** Opening PROVIDED RECORDS block **

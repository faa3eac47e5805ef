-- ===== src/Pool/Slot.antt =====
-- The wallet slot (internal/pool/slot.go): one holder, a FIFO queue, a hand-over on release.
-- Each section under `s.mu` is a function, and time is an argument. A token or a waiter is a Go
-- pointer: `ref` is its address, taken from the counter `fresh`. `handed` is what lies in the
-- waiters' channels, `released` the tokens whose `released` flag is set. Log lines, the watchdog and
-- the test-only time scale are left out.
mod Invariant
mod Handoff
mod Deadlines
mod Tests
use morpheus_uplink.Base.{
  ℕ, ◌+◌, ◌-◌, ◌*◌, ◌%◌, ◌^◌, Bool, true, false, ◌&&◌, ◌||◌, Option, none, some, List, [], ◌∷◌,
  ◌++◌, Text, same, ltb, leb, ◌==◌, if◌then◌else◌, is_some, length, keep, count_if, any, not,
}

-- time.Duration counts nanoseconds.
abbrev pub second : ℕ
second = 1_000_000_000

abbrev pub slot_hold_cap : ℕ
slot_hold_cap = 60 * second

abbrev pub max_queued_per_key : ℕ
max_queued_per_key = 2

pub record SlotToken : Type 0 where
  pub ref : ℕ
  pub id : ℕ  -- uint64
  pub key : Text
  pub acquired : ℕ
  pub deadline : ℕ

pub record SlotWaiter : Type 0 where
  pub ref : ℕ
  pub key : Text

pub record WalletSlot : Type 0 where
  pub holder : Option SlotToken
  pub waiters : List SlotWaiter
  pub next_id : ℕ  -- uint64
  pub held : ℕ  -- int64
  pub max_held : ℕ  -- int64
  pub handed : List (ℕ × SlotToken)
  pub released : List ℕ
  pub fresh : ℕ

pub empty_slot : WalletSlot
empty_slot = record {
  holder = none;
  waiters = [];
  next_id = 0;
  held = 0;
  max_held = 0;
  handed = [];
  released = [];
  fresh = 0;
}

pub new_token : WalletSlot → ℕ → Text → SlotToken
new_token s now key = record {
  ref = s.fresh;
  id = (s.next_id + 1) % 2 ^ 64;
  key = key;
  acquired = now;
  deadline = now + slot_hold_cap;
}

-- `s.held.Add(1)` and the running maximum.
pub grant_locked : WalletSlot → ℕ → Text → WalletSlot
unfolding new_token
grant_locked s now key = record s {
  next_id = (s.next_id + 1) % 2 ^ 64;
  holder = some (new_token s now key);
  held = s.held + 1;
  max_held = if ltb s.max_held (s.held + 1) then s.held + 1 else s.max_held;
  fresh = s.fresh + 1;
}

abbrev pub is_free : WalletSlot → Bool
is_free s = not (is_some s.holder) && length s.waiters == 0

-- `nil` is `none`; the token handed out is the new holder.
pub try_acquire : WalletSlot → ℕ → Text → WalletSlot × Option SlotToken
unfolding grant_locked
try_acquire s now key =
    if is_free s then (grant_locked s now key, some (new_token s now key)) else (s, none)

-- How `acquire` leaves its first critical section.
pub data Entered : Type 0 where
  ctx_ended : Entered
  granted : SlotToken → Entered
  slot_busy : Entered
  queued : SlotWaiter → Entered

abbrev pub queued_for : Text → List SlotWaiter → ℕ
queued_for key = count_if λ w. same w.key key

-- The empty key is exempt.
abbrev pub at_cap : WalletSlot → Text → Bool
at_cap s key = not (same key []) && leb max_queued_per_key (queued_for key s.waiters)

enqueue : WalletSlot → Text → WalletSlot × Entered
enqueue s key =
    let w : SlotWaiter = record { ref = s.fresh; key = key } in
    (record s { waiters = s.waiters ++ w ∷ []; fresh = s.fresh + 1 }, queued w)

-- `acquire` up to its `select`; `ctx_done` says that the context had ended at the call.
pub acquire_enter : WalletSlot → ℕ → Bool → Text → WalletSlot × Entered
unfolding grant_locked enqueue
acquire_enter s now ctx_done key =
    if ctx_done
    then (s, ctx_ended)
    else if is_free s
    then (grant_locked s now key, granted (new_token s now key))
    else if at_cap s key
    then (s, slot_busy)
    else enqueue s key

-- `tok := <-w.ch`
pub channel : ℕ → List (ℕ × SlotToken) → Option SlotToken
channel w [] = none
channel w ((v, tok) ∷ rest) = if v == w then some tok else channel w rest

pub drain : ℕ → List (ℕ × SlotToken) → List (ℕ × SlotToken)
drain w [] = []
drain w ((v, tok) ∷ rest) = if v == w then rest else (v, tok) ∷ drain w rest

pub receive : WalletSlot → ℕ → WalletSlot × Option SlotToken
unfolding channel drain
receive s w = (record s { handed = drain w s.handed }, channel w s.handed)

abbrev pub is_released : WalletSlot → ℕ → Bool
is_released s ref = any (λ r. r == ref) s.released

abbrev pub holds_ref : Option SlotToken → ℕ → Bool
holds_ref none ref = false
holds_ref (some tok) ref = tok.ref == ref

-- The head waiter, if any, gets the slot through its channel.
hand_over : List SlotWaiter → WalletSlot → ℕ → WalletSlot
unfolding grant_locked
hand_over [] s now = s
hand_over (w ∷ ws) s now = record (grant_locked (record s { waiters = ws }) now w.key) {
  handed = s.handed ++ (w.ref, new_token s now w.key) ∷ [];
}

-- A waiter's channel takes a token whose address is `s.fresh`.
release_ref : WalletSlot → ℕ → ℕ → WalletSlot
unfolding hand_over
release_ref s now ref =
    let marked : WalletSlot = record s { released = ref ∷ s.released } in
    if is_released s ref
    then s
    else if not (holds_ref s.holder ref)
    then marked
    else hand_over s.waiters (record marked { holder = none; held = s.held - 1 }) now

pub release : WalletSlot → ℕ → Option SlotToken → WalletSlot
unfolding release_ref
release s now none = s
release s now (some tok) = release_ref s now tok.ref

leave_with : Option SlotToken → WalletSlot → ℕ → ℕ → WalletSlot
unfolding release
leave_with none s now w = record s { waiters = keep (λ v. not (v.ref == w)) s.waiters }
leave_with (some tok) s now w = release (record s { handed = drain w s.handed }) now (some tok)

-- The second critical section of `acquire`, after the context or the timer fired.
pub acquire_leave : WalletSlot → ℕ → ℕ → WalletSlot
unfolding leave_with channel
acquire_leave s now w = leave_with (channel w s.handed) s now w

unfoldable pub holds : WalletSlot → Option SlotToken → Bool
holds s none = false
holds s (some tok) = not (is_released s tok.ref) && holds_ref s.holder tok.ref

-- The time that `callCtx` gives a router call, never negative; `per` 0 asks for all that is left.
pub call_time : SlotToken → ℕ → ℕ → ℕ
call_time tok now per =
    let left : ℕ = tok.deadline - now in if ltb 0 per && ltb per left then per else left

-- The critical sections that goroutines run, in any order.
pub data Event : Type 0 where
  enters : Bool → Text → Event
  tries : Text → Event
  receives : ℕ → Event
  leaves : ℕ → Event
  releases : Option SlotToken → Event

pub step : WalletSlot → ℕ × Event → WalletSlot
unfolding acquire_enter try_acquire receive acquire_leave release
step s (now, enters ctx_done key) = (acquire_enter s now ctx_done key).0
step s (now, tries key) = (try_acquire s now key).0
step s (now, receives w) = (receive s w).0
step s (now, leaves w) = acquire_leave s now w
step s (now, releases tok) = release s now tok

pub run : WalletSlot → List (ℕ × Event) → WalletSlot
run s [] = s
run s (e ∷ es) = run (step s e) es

** Closing PROVIDED RECORDS block **

**TRY IT:** What do the lines from the one with "leaves : ℕ → Event" through the last line of the entries say? Print them word for word, both ends included, and nothing else.

**THE COMPLETED TASK:**
  leaves : ℕ → Event
  releases : Option SlotToken → Event

pub step : WalletSlot → ℕ × Event → WalletSlot
unfolding acquire_enter try_acquire receive acquire_leave release
step s (now, enters ctx_done key) = (acquire_enter s now ctx_done key).0
step s (now, tries key) = (try_acquire s now key).0
step s (now, receives w) = (receive s w).0
step s (now, leaves w) = acquire_leave s now w
step s (now, releases tok) = release s now tok

pub run : WalletSlot → List (ℕ × Event) → WalletSlot
run s [] = s
run s (e ∷ es) = run (step s e) es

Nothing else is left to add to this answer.